*** Block opens ***

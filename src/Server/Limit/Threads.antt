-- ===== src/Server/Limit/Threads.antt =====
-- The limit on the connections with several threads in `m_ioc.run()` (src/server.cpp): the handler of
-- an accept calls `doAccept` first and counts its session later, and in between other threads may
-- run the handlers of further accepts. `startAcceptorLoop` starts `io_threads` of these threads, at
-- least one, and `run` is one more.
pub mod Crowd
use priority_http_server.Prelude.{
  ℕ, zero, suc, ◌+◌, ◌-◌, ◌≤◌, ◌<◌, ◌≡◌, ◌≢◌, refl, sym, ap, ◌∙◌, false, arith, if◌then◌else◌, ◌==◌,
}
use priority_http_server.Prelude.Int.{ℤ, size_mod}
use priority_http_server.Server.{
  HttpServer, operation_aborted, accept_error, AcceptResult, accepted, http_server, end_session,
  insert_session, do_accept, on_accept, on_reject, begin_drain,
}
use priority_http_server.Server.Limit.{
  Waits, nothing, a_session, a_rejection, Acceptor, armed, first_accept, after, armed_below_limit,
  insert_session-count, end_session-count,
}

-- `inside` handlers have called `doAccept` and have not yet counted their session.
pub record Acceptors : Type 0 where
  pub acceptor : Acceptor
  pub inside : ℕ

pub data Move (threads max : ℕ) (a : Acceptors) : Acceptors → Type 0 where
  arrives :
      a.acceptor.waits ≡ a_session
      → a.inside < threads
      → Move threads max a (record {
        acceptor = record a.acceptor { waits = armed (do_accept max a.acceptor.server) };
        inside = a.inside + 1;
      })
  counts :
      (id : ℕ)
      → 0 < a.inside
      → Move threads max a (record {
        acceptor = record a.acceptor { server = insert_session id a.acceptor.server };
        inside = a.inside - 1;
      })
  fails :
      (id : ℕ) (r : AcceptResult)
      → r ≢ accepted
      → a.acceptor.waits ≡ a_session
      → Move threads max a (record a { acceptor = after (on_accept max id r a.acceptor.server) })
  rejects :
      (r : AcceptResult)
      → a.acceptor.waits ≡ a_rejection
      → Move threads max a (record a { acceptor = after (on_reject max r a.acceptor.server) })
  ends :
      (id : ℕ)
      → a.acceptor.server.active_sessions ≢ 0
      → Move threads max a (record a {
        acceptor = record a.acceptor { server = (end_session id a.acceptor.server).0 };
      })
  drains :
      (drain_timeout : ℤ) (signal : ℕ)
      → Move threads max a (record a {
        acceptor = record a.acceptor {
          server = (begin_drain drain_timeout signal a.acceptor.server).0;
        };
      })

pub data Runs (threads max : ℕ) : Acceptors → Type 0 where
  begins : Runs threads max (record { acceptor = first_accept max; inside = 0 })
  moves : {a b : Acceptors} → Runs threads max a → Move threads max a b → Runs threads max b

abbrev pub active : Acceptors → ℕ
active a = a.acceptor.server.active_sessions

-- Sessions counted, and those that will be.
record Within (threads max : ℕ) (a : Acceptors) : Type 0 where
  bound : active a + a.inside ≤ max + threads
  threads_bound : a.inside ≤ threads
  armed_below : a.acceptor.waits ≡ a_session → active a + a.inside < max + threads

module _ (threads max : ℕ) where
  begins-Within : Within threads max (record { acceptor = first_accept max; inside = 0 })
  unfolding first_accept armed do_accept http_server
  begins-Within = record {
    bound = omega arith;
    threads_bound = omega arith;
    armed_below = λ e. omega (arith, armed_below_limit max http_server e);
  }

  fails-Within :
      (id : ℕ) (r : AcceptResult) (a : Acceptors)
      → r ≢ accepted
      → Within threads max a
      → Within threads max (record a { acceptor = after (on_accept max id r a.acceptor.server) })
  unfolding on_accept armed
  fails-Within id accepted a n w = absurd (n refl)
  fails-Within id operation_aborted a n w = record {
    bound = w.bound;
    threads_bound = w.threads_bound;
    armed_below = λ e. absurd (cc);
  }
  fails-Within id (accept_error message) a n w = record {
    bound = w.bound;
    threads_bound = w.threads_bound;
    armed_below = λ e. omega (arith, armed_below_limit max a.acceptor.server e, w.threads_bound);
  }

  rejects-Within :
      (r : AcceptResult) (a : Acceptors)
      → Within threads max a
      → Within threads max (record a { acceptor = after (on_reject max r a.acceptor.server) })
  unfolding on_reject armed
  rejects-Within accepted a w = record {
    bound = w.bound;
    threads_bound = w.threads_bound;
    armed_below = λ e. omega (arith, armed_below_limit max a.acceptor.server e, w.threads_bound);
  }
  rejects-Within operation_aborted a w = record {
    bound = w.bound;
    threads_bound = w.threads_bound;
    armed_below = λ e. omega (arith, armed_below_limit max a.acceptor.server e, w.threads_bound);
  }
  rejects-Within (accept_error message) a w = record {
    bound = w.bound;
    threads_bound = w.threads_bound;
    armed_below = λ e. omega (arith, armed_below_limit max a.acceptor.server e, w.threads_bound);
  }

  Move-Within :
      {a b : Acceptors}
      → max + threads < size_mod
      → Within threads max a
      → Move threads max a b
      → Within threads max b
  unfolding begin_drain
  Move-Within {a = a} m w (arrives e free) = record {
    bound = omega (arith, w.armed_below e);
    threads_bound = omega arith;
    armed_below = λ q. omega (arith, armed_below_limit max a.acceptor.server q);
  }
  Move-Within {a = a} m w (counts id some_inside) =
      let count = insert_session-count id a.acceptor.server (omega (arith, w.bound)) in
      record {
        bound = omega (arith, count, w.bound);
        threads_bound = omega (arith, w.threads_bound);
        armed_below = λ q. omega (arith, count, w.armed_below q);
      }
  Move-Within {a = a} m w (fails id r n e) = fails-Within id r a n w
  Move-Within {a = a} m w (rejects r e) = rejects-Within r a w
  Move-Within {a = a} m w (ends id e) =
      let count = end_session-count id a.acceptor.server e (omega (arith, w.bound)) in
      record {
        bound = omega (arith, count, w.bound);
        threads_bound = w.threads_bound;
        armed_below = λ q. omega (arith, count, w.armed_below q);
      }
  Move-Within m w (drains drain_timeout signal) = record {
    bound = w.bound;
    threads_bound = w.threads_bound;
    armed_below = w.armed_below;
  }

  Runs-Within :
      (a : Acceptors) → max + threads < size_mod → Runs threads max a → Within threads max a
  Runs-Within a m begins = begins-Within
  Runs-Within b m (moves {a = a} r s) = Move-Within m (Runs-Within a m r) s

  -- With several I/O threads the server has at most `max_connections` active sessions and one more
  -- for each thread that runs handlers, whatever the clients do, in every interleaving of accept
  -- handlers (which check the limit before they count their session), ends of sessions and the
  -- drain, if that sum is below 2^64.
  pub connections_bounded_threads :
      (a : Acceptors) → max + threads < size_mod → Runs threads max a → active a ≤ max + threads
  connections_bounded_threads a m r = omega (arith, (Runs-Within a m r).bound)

*** Block closes ***
*** Block opens ***

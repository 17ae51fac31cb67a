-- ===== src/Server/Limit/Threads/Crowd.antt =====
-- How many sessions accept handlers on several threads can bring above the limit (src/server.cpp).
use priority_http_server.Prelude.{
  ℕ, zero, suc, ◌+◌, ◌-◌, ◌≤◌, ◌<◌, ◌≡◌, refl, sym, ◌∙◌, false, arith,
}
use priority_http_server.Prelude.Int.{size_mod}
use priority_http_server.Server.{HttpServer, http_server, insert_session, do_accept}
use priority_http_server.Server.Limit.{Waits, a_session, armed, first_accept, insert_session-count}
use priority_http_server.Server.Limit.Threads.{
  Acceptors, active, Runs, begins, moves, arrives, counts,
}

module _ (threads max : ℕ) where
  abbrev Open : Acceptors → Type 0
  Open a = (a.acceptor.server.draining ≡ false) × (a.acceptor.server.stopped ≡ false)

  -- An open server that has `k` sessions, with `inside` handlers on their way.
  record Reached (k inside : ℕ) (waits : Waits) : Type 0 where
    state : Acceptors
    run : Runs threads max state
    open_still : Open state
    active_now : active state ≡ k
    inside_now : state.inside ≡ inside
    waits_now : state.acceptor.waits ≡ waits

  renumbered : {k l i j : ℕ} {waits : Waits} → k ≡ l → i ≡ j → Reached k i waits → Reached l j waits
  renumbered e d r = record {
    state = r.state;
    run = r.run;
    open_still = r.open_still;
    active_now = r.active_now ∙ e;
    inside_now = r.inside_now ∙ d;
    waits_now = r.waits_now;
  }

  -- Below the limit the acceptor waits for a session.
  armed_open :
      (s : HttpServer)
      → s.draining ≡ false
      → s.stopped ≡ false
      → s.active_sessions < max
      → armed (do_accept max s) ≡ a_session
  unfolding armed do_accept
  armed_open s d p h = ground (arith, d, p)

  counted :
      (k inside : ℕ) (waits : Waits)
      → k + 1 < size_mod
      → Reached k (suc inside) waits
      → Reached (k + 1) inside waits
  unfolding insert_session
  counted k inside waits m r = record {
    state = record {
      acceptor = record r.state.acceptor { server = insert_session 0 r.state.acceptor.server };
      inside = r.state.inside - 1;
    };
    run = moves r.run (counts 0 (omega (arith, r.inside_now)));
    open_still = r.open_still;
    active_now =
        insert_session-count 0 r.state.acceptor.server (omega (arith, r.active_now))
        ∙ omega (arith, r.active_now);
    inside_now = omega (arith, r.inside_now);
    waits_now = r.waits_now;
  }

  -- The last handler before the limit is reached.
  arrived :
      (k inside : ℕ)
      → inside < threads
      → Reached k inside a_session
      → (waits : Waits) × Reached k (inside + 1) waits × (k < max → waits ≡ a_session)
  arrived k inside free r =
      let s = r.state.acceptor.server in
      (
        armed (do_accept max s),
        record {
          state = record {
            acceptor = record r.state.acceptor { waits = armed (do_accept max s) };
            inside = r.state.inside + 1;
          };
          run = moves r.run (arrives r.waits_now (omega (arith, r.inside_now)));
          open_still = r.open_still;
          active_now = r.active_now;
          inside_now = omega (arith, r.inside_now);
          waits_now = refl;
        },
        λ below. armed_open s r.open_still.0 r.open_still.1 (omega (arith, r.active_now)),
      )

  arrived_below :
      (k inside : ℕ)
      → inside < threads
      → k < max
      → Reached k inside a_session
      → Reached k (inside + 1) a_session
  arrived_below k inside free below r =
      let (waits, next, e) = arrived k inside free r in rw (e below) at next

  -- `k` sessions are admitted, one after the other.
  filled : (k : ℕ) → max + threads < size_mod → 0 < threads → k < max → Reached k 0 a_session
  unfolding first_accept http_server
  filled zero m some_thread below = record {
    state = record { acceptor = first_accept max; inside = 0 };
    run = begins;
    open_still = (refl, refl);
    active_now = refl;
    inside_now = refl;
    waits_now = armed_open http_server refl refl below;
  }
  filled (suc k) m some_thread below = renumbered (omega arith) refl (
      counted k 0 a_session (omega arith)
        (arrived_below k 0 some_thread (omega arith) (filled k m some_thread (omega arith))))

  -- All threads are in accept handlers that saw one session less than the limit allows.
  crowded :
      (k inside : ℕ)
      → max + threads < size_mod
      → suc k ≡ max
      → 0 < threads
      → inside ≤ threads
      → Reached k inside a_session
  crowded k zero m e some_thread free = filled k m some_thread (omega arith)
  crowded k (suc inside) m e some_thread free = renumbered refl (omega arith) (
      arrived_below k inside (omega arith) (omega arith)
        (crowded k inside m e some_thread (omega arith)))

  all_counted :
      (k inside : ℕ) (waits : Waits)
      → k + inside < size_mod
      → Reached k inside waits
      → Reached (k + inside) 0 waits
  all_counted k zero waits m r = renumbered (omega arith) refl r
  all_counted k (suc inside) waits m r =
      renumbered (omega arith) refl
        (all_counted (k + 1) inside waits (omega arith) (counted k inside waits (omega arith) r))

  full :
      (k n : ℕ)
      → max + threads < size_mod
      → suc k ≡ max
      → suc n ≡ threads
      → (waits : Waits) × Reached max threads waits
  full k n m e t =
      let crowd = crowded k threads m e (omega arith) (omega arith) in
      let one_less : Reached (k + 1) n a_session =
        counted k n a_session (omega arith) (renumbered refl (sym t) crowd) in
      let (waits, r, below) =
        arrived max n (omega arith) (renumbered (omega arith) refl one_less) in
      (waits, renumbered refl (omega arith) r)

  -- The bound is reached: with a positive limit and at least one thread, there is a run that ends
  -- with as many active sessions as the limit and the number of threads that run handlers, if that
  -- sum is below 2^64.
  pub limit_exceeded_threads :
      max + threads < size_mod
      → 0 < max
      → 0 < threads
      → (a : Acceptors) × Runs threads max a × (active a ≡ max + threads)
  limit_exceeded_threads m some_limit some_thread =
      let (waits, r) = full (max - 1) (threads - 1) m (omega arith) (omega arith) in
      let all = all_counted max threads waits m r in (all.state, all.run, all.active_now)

*** Block closes ***

Task item:
List, from the entries above, every line in which the word "other" shows up.

Answer to this problem:
-- an accept calls `doAccept` first and counts its session later, and in between other threads may
  -- `k` sessions are admitted, one after the other.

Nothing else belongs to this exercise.